Gaps in Government plans will mean significant failure in "rehabilitation revolution"
Release Date: 28 Feb 2011
Children as young as 13 are being released from custody into unsuitable and unsafe housing, leaving them vulnerable to reoffending at huge cost to themselves, society and the Exchequer.
New Barnardo’s research published today has found that a young person caught in a cycle of homelessness and re-offending can cost the Government as much as £116,094 over three years - but if they receive the necessary support there could be savings of £67,000 per child.
Suitable accommodation and support for young people leaving custody is crucial in achieving successful rehabilitation. Yet in its work with thousands of young offenders Barnardo’s has found that significant numbers are leaving custody without a safe place to live. In 2009/10, 4,147 referrals were made to Barnardo’s to help young people in custody, and of these housing was a top five concern.
Calling for cross-governmental leadership and action, Barnardo’s chief executive Anne Marie Carrie said:
These children can be all too easy to ignore, but our report shows that we do so at great cost to their young lives and society.
"Young people who offend are among the most vulnerable; a quarter have special educational needs and almost a fifth have depression, yet children as young as 13 are sent back to families who can’t cope and end up without a safe place to live.
"The Government is on the verge of a self-styled ‘rehabilitation revolution’ – but there are gaps in the Ministry of Justice’s plans which must be filled to ensure we do right by these children and society by bringing down crime levels.

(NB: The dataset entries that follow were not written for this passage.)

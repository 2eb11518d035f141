-- ===== src/Server/Config/Fields.antt =====
-- What each field of the configuration of src/config.rs must be, for the tables of a file: the value that
-- is given, or the default of the field's attribute. The defaults are written out here once more.
use mytunnel.Prelude.{
  ◌≡◌, refl, sym, ap, ◌∙◌, subst, true, false, Option, none, some, text, ok, err, ok_or, ok_or-ok,
  then_ok, unwrap_or,
}
use mytunnel.Server.Config.{
  QuicTable, TlsTable, PoolTable, LoggingTable, LimitsTable, QuicConfig, TlsConfig, PoolConfig,
  LoggingConfig, LimitsConfig, quic_config, tls_config, pool_config, logging_config, limits_config,
}

-- A field has the value that is given, or its default if none is.
abbrev pub Given : {A : Type 0} → Option A → (default value : A) → Type 0
Given none default value = value ≡ default
Given (some a) default value = value ≡ a

pub unwrap_or-Given :
    {A : Type 0} (o : Option A) (default : A) → Given o default (unwrap_or o default)
unwrap_or-Given none default = refl
unwrap_or-Given (some a) default = refl

pub Given-unwrap_or :
    {A : Type 0} (o : Option A) (default value : A)
    → Given o default value
    → unwrap_or o default ≡ value
Given-unwrap_or none default value g = sym g
Given-unwrap_or (some a) default value g = sym g

pub record QuicFields (t : QuicTable) (c : QuicConfig) : Type 0 where
  pub max_connections : Given t.max_connections 100000 c.max_connections
  pub max_streams_per_conn : Given t.max_streams_per_conn 100 c.max_streams_per_conn
  pub idle_timeout_secs : Given t.idle_timeout_secs 30 c.idle_timeout_secs
  pub max_udp_payload : Given t.max_udp_payload 1350 c.max_udp_payload
  pub enable_0rtt : Given t.enable_0rtt true c.enable_0rtt
  pub congestion_control : Given t.congestion_control (text "bbr") c.congestion_control

pub record TlsFields (t : TlsTable) (c : TlsConfig) : Type 0 where
  pub cert_path : t.cert_path ≡ some c.cert_path
  pub key_path : t.key_path ≡ some c.key_path
  pub auto_generate : Given t.auto_generate false c.auto_generate

pub record PoolFields (t : PoolTable) (c : PoolConfig) : Type 0 where
  pub buffer_count_4k : Given t.buffer_count_4k 16384 c.buffer_count_4k
  pub buffer_count_16k : Given t.buffer_count_16k 4096 c.buffer_count_16k
  pub buffer_count_64k : Given t.buffer_count_64k 1024 c.buffer_count_64k
  pub connection_slots : Given t.connection_slots 100000 c.connection_slots

pub record LoggingFields (t : LoggingTable) (c : LoggingConfig) : Type 0 where
  pub level : Given t.level (text "info") c.level
  pub format : Given t.format (text "json") c.format

-- Without the table the limits are 0; in a table, new connections per second default to 10000.
abbrev pub LimitsFields : Option LimitsTable → LimitsConfig → Type 0
LimitsFields none c =
    (c.max_bandwidth_per_conn ≡ 0) × (c.max_new_conn_per_sec ≡ 0) × (c.max_memory_mb ≡ 0)
LimitsFields (some t) c =
    Given t.max_bandwidth_per_conn 0 c.max_bandwidth_per_conn
    × Given t.max_new_conn_per_sec 10000 c.max_new_conn_per_sec
    × Given t.max_memory_mb 0 c.max_memory_mb

pub quic_fields : (t : QuicTable) → QuicFields t (quic_config t)
unfolding quic_config
quic_fields t = record {
  max_connections = unwrap_or-Given t.max_connections _;
  max_streams_per_conn = unwrap_or-Given t.max_streams_per_conn _;
  idle_timeout_secs = unwrap_or-Given t.idle_timeout_secs _;
  max_udp_payload = unwrap_or-Given t.max_udp_payload _;
  enable_0rtt = unwrap_or-Given t.enable_0rtt _;
  congestion_control = unwrap_or-Given t.congestion_control _;
}

pub fields_quic : (t : QuicTable) (c : QuicConfig) → QuicFields t c → quic_config t ≡ c
unfolding quic_config
fields_quic t c g = λ i. record {
  max_connections = Given-unwrap_or t.max_connections _ _ g.max_connections i;
  max_streams_per_conn = Given-unwrap_or t.max_streams_per_conn _ _ g.max_streams_per_conn i;
  idle_timeout_secs = Given-unwrap_or t.idle_timeout_secs _ _ g.idle_timeout_secs i;
  max_udp_payload = Given-unwrap_or t.max_udp_payload _ _ g.max_udp_payload i;
  enable_0rtt = Given-unwrap_or t.enable_0rtt _ _ g.enable_0rtt i;
  congestion_control = Given-unwrap_or t.congestion_control _ _ g.congestion_control i;
}

pub tls_fields : (t : TlsTable) (c : TlsConfig) → tls_config t ≡ ok c → TlsFields t c
unfolding tls_config
tls_fields t c e =
    let (cert, e₁, rest) = then_ok (ok_or t.cert_path _) _ c e in
    let (key, e₂, made) = then_ok (ok_or t.key_path _) _ c rest in
    let cert' : cert ≡ c.cert_path = ap (λ r. elim r [ ok d ↦ d.cert_path | err d ↦ cert ]) made in
    let key' : key ≡ c.key_path = ap (λ r. elim r [ ok d ↦ d.key_path | err d ↦ key ]) made in
    let auto : unwrap_or t.auto_generate false ≡ c.auto_generate =
      ap (λ r. elim r [ ok d ↦ d.auto_generate | err d ↦ unwrap_or t.auto_generate false ]) made in
    record {
      cert_path = ok_or-ok t.cert_path _ cert e₁ ∙ ap some cert';
      key_path = ok_or-ok t.key_path _ key e₂ ∙ ap some key';
      auto_generate =
          subst (Given t.auto_generate false) auto (unwrap_or-Given t.auto_generate false);
    }

pub fields_tls : (t : TlsTable) (c : TlsConfig) → TlsFields t c → tls_config t ≡ ok c
unfolding tls_config
fields_tls t c g =
    rw (g.cert_path, g.key_path)
      (λ i. ok (record {
        cert_path = c.cert_path;
        key_path = c.key_path;
        auto_generate = Given-unwrap_or t.auto_generate _ _ g.auto_generate i;
      }))

pub pool_fields : (t : PoolTable) → PoolFields t (pool_config t)
unfolding pool_config
pool_fields t = record {
  buffer_count_4k = unwrap_or-Given t.buffer_count_4k _;
  buffer_count_16k = unwrap_or-Given t.buffer_count_16k _;
  buffer_count_64k = unwrap_or-Given t.buffer_count_64k _;
  connection_slots = unwrap_or-Given t.connection_slots _;
}

pub fields_pool : (t : PoolTable) (c : PoolConfig) → PoolFields t c → pool_config t ≡ c
unfolding pool_config
fields_pool t c g = λ i. record {
  buffer_count_4k = Given-unwrap_or t.buffer_count_4k _ _ g.buffer_count_4k i;
  buffer_count_16k = Given-unwrap_or t.buffer_count_16k _ _ g.buffer_count_16k i;
  buffer_count_64k = Given-unwrap_or t.buffer_count_64k _ _ g.buffer_count_64k i;
  connection_slots = Given-unwrap_or t.connection_slots _ _ g.connection_slots i;
}

pub logging_fields : (t : LoggingTable) → LoggingFields t (logging_config t)
unfolding logging_config
logging_fields t = record { level = unwrap_or-Given t.level _; format = unwrap_or-Given t.format _ }

pub fields_logging :
    (t : LoggingTable) (c : LoggingConfig) → LoggingFields t c → logging_config t ≡ c
unfolding logging_config
fields_logging t c g = λ i. record {
  level = Given-unwrap_or t.level _ _ g.level i;
  format = Given-unwrap_or t.format _ _ g.format i;
}

pub limits_fields : (o : Option LimitsTable) → LimitsFields o (limits_config o)
unfolding limits_config
limits_fields none = (refl, refl, refl)
limits_fields (some t) = (
  unwrap_or-Given t.max_bandwidth_per_conn 0,
  unwrap_or-Given t.max_new_conn_per_sec 10000,
  unwrap_or-Given t.max_memory_mb 0,
)

pub fields_limits :
    (o : Option LimitsTable) (c : LimitsConfig) → LimitsFields o c → limits_config o ≡ c
unfolding limits_config
fields_limits none c (a, b, d) = λ i. record {
  max_bandwidth_per_conn = sym a i;
  max_new_conn_per_sec = sym b i;
  max_memory_mb = sym d i;
}
fields_limits (some t) c (a, b, d) = λ i. record {
  max_bandwidth_per_conn = Given-unwrap_or t.max_bandwidth_per_conn _ _ a i;
  max_new_conn_per_sec = Given-unwrap_or t.max_new_conn_per_sec _ _ b i;
  max_memory_mb = Given-unwrap_or t.max_memory_mb _ _ d i;
}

"We don’t say this lightly, we are all too aware of the cuts being made across the UK in an effort to fight the effects on the economic crisis we are in, but surely, if ever there is a case for return on investment this is it."
Barnardo’s report, No Fixed Abode: the accommodation struggle for young people leaving custody in England, calls for a cross-government action plan and dedicated senior officials from the MoJ, Department for Education and Department for Communities and Local Government to ensure that suitable accommodation for young people leaving custody is an issue of urgent priority.